BEGIN Provided information

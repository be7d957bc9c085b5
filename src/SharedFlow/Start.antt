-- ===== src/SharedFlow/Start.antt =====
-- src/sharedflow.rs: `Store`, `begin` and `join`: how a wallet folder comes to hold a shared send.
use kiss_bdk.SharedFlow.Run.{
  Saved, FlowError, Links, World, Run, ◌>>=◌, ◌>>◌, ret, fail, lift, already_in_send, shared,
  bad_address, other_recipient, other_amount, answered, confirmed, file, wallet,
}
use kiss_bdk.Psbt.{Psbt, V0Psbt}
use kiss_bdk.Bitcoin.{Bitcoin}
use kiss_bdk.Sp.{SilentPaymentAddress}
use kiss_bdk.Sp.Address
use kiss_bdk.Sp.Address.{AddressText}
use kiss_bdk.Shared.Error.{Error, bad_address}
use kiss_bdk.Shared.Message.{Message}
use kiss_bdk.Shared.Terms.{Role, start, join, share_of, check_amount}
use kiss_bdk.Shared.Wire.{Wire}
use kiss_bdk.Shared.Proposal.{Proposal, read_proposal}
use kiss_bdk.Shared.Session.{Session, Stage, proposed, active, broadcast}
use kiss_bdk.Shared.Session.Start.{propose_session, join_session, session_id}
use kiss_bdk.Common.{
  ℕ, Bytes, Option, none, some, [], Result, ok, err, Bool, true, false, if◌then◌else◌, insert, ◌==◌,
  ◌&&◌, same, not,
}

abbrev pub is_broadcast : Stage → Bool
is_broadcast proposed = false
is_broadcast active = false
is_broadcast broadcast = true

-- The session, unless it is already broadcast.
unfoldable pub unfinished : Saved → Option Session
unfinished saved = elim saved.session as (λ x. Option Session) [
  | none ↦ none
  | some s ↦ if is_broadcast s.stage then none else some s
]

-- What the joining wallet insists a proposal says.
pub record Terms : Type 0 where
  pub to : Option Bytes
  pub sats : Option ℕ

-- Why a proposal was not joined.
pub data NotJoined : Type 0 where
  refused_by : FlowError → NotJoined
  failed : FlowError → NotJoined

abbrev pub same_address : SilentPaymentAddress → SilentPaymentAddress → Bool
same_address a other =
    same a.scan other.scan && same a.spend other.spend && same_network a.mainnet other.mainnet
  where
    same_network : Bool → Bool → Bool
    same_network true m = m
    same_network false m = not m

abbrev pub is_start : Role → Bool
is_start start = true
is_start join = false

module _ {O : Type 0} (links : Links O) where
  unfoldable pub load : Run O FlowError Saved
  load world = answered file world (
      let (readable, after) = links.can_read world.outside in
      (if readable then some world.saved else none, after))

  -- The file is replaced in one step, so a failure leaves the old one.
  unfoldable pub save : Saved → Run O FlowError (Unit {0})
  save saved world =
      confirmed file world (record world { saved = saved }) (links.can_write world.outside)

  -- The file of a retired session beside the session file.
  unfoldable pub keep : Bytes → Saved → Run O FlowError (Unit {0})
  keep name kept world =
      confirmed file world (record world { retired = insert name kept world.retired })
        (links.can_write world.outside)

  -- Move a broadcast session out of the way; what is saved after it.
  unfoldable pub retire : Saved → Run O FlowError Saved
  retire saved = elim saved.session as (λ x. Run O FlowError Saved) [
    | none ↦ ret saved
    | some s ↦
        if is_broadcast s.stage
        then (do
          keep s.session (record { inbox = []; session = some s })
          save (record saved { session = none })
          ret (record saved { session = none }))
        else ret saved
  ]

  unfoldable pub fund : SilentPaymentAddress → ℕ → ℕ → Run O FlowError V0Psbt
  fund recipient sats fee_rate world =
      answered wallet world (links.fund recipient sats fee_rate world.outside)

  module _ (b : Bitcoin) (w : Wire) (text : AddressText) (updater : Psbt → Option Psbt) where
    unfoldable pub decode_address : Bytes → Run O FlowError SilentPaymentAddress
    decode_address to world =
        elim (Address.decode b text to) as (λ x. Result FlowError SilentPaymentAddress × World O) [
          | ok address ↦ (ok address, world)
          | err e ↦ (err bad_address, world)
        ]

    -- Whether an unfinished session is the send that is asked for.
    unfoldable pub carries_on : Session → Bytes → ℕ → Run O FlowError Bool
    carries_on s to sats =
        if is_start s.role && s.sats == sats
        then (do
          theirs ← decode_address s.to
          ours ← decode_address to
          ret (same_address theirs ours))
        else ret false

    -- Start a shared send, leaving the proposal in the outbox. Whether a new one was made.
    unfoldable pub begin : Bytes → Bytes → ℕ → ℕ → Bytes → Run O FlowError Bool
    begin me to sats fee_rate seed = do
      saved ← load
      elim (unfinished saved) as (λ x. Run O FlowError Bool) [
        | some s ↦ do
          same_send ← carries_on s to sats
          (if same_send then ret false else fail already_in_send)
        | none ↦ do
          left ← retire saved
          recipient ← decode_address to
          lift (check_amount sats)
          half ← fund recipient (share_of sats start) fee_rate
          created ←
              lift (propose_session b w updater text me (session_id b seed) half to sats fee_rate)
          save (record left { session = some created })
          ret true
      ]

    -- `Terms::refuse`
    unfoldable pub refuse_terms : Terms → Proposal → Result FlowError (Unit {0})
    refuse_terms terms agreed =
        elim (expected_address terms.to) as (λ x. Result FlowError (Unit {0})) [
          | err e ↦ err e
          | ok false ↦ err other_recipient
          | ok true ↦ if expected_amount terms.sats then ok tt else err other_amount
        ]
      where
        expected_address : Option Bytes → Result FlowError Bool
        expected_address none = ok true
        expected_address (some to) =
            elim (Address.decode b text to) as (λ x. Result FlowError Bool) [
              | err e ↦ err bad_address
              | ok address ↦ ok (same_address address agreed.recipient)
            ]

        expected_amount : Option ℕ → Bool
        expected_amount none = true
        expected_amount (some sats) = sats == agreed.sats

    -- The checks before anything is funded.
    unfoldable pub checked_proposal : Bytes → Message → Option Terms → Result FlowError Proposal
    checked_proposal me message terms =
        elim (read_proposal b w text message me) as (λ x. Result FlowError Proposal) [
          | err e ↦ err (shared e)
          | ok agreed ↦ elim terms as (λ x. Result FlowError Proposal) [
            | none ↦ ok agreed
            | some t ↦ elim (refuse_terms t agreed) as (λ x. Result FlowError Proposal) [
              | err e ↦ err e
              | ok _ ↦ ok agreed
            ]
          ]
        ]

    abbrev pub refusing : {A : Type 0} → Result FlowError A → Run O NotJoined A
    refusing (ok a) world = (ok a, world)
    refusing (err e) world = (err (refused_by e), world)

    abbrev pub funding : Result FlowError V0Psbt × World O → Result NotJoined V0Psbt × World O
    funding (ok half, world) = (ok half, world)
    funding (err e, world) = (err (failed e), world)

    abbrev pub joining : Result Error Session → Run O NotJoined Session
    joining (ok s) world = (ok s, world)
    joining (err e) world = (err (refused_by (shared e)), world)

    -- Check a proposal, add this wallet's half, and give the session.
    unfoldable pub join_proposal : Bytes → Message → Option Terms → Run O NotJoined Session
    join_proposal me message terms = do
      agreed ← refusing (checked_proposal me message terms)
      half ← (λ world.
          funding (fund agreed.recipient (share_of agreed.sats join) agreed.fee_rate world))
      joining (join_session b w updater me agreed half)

END Provided information
BEGIN Provided information

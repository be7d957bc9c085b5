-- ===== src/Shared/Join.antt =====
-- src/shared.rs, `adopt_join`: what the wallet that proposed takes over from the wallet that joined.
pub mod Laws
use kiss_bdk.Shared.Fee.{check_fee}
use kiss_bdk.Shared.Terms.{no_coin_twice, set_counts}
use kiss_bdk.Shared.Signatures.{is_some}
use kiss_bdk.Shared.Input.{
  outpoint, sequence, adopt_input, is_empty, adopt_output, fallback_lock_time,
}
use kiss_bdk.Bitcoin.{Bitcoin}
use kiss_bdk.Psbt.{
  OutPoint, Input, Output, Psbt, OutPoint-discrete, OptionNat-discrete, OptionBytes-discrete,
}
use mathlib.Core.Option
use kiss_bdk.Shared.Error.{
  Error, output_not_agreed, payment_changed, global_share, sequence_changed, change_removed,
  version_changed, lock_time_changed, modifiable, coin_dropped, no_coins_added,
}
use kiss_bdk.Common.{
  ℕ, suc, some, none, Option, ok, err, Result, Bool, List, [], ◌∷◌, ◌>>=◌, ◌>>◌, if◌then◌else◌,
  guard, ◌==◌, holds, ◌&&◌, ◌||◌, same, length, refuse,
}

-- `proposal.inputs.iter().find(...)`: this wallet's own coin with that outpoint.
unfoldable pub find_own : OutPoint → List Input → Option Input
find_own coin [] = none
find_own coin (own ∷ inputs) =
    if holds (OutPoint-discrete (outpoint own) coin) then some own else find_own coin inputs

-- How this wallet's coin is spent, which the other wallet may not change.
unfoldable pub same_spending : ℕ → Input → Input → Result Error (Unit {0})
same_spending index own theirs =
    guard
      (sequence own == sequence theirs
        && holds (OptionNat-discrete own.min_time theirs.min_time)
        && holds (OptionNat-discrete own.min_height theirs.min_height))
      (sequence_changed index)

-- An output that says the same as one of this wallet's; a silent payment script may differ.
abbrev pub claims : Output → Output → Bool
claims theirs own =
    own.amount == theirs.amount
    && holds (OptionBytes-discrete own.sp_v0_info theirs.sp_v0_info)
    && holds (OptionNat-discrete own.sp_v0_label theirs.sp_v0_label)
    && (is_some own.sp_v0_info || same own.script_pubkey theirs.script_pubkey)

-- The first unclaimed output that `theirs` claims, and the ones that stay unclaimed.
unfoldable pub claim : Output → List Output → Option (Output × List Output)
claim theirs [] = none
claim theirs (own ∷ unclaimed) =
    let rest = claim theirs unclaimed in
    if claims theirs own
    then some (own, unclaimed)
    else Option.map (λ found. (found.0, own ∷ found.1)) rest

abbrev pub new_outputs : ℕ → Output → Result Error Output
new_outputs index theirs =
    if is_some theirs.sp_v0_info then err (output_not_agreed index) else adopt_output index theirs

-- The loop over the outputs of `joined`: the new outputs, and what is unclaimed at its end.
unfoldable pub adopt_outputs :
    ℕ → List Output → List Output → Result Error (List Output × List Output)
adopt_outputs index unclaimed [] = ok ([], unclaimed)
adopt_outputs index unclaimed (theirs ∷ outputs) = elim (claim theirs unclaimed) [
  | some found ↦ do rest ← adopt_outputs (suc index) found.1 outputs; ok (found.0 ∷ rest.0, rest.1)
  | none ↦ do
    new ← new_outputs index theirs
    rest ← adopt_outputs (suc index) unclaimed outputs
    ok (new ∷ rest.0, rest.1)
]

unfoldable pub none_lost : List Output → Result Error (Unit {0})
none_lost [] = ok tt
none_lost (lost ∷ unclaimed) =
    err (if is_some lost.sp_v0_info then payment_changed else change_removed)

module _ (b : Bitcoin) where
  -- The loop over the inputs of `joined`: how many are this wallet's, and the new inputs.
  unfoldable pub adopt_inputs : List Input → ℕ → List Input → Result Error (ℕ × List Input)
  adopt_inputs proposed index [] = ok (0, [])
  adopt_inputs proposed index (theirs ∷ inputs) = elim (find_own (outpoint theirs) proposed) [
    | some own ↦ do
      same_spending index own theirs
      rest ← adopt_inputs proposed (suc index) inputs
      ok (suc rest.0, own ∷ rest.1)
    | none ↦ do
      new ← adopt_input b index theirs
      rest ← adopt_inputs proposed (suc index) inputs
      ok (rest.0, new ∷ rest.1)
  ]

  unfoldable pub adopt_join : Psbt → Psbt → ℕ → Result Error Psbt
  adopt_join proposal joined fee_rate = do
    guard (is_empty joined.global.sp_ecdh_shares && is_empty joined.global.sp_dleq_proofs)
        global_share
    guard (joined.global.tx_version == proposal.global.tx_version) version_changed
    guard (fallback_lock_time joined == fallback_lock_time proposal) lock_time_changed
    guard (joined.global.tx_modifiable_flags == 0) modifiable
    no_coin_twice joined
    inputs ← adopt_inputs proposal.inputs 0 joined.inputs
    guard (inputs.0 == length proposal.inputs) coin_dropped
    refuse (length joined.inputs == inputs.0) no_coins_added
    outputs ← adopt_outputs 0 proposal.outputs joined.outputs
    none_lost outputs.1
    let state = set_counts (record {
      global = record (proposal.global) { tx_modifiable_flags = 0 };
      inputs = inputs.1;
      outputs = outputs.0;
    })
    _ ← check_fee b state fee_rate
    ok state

END Provided information

What the task requires
Select every line in the records above that contains the word "module".

Result of this task
module _ {O : Type 0} (links : Links O) where
  module _ (b : Bitcoin) (w : Wire) (text : AddressText) (updater : Psbt → Option Psbt) where
module _ (b : Bitcoin) where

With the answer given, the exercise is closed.